* _Activity_
Please repeat, exactly as written, the line containing "then execute_fence cpu instruction" and every line after it through the end of the records below.

● ● ● ● ●

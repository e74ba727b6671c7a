-- ===== src/Inst/Jump.antt =====
-- src/j_inst.c: JAL and JALR.
pub mod Valid
use riscv_simulator.Prelude.{ℕ, ◌+◌, bit_and, ◌==◌, ◌!=◌, if◌then◌else◌, u64, not64, sext32}
use riscv_simulator.Defs.{opcode_jal, opcode_jalr}
use riscv_simulator.State.{Cpu, set_register}
use riscv_simulator.Inst.Decode.{rd_of, rs1_of, imm_i, imm_j}

-- `if (rd != 0) cpu->registers[rd] = cpu->pc + 4;`
unfoldable pub link : Cpu → ℕ → Cpu
link cpu rd = if rd != 0 then set_register cpu rd (u64 (cpu.pc + 4)) else cpu

unfoldable pub jal : Cpu → ℕ → Cpu
jal cpu instruction =
    let linked = link cpu (rd_of instruction) in
    record linked { pc = u64 (linked.pc + sext32 (imm_j instruction)) }

-- rs1 is read behind the write of rd.
unfoldable pub jalr : Cpu → ℕ → Cpu
jalr cpu instruction =
    let linked = link cpu (rd_of instruction) in
    record linked {
      pc =
          bit_and (u64 (linked.registers (rs1_of instruction) + sext32 (imm_i instruction)))
            (not64 1);
    }

unfoldable pub execute_j_type_instruction : Cpu → ℕ → Cpu
execute_j_type_instruction cpu instruction =
    if bit_and instruction 0x7F == opcode_jal
    then jal cpu instruction
    else if bit_and instruction 0x7F == opcode_jalr
    then jalr cpu instruction
    else cpu
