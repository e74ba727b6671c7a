-- ===== src/Inst/Fence.antt =====
-- src/fence_inst.c: fences. The host's barrier orders the program's threads and changes no state.
use riscv_simulator.Prelude.{ℕ, bit_and, ◌==◌, if◌then◌else◌}
use riscv_simulator.State.{Cpu}

unfoldable pub execute_fence : Cpu → ℕ → Cpu
execute_fence cpu instruction = cpu

unfoldable pub execute_fence_i : Cpu → ℕ → Cpu
execute_fence_i cpu instruction = cpu

unfoldable pub execute_fence_tso : Cpu → ℕ → Cpu
execute_fence_tso cpu instruction = cpu

unfoldable pub execute_misc_mem_instructions : Cpu → ℕ → Cpu
unfolding execute_fence execute_fence_i execute_fence_tso
execute_misc_mem_instructions cpu instruction =
    if bit_and instruction 0x07000000 == 0x00000000
    then execute_fence cpu instruction
    else if bit_and instruction 0x07000000 == 0x01000000
    then execute_fence_i cpu instruction
    else if bit_and instruction 0xF00FFFFF == 0x8000000F
    then execute_fence_tso cpu instruction
    else cpu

● ● ● ● ●

* _Expected answer_
    then execute_fence cpu instruction
    else if bit_and instruction 0x07000000 == 0x01000000
    then execute_fence_i cpu instruction
    else if bit_and instruction 0xF00FFFFF == 0x8000000F
    then execute_fence_tso cpu instruction
    else cpu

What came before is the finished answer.